For the linguists and cognitive scientists, the treatment of whole to parts and parts to whole is more of a methodological/analytical strategy than an issue of agency vs. structure. The results of these micro treatments of whole to parts, however, have wide-ranging applicability to areas of study dealing with larger entities (e.g. sociology) and where they become the parts in the analyses of wholes. Pinker, Chomsky, Bickerton and Saussure all in some way deliberately took a part which they know is part of a complex system and idealized this part as their starting whole in order to theorize about the structural and processual elements of that whole. Pinker idealized a mental module, the language instinct, then from this whole went in to examine its structural elements in the form of innate grammatical and lexical structures within this module. Saussure, in a sense, excised, the more distinct langue from the more messy parole within the larger framework of language as commonly known. From langue as his idealized whole, he then proceeded to dissect it into its constituent parts. These micro whole to parts analyses, however, are related eventually to the larger framework in which they are embedded such that Bickerton suggests a model whereby the language module is interrelated with other modules of the mind and Saussure insisted on relating the structural elements of langue with the uses of language in parole.

Mugny

Mugny (1982) is one among several European social psychologists who have been studying minority/majority relations, particularly the role of minorities in initiating social innovations. The early stages of this line of research focused on the perceptual judgments of individuals using color slides in experimental laboratories. It was repeatedly found that individuals would rather conform to an erroneous majority judgment than risk being regarded as odd by giving a judgment, which they privately believe is correct. However, it was also found that if one individual consistently gives a minority perceptual judgment, the rest of the experimental subjects soon espouse that minority judgment. This is an example of a paradigm that starts from individual needs in order to explain collective judgments. Mugny criticized this paradigm as too far removed from the social contexts in which individuals are embedded and whose positions in these social contexts determine their predispositions. Mugny does not, however, propose going from individual psychology to social contexts as the causal agent but rather propose that the two are intimately linked so a psychosocial paradigm must be followed.
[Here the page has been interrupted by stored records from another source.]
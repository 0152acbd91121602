-- ===== src/Task.antt =====
-- src/cee_core/tasks.py: the structured task, and the search for phrases in its lower-case objective.
-- `Compile` has the compilation of raw text, and `Compiled` the proofs on it.
-- The phrases are of ASCII letters, to which `lower` takes the ASCII capitals and the Kelvin sign
-- (8490), or have no capitals; the capital I with a dot becomes an `i` with a combining dot, with
-- which no phrase ends.
pub mod Compile
pub mod Compiled
use cognitive_execution_engi.Prelude.{
  ℕ, ◌+◌, String, Bool, true, false, ◌&&◌, ◌||◌, List, [], ◌∷◌, eqb, leb, if◌then◌else◌, any,
}
use Prim.Native.Char.{code}

pub data TaskKind : Type 0 where
  analysis state_update : TaskKind
  other_task : String → TaskKind

pub data RiskLevel : Type 0 where
  low medium high : RiskLevel
  other_level : String → RiskLevel

pub record TaskSpec : Type 0 where
  pub objective : String
  pub kind : TaskKind
  pub success_criteria : List String
  pub requested_primitives : List String
  pub risk_level : RiskLevel
  pub task_level : String
  pub task_id : String
  pub raw_input : String
  pub domain_name : String

unfoldable pub kind_text : TaskKind → String
kind_text analysis = "analysis"
kind_text state_update = "state_update"
kind_text (other_task s) = s

unfoldable pub level_text : RiskLevel → String
level_text low = "low"
level_text medium = "medium"
level_text high = "high"
level_text (other_level s) = s

-- `risk_level != "low"`
abbrev pub is_risky : RiskLevel → Bool
is_risky low = false
is_risky _ = true

abbrev pub is_analysis : TaskKind → Bool
is_analysis analysis = true
is_analysis _ = false

abbrev lower_code : ℕ → ℕ
lower_code c = if leb 65 c && leb c 90 then c + 32 else if eqb c 8490 then 107 else c

-- `s.lower().startswith(p)`
begins_lower : String → String → Bool
begins_lower String.[] s = true
begins_lower (String.◌∷◌ c p) String.[] = false
begins_lower (String.◌∷◌ c p) (String.◌∷◌ d s) =
    eqb (code c) (lower_code (code d)) && begins_lower p s

-- `p in s.lower()`
unfoldable pub occurs_lower : String → String → Bool
unfolding begins_lower
occurs_lower p String.[] = begins_lower p String.[]
occurs_lower p (String.◌∷◌ c s) = begins_lower p (String.◌∷◌ c s) || occurs_lower p s

-- the phrases that ask for documentation
abbrev pub doc_tokens : List String
doc_tokens = "read docs" ∷ "read documentation" ∷ "search docs" ∷ "search documentation" ∷ []

unfoldable pub asks_for_docs : TaskSpec → Bool
unfolding occurs_lower
asks_for_docs task =
    is_analysis task.kind && any (λ token. occurs_lower token task.objective) doc_tokens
In a sense, it is like saying that individual needs and social categories are causal agents, simultaneously. One level of analysis is not privileged over the other.

Personal Comments

In delineating the boundaries of a discipline and deriving clear, specific explanations for general phenomena, the treatment of wholes and parts by the linguists and cognitive scientists maybe the best approach. In broadening the scope of a discipline (e.g. sociology) whose boundaries seem to be challenged and broken down through changes in time and space, the ever widening of frameworks such as what Bergesen discussed maybe the best path to follow. In terms of the agency/structure debate, it would be best to consider, simultaneously, that there are fixed micro structures in the parts (e.g. language instinct) as well as in the whole (e.g. tradition, rules, or any structure independent of the will of the parts). Furthermore, one can imagine between these fixed structures a dynamic process consisting of all the infinite combinations of discrete elements of the whole. One can also trace natural points of disjuncture between processes that directly impact the individual parts and those processes that take on lives of their own and which individuals have no power to change or control.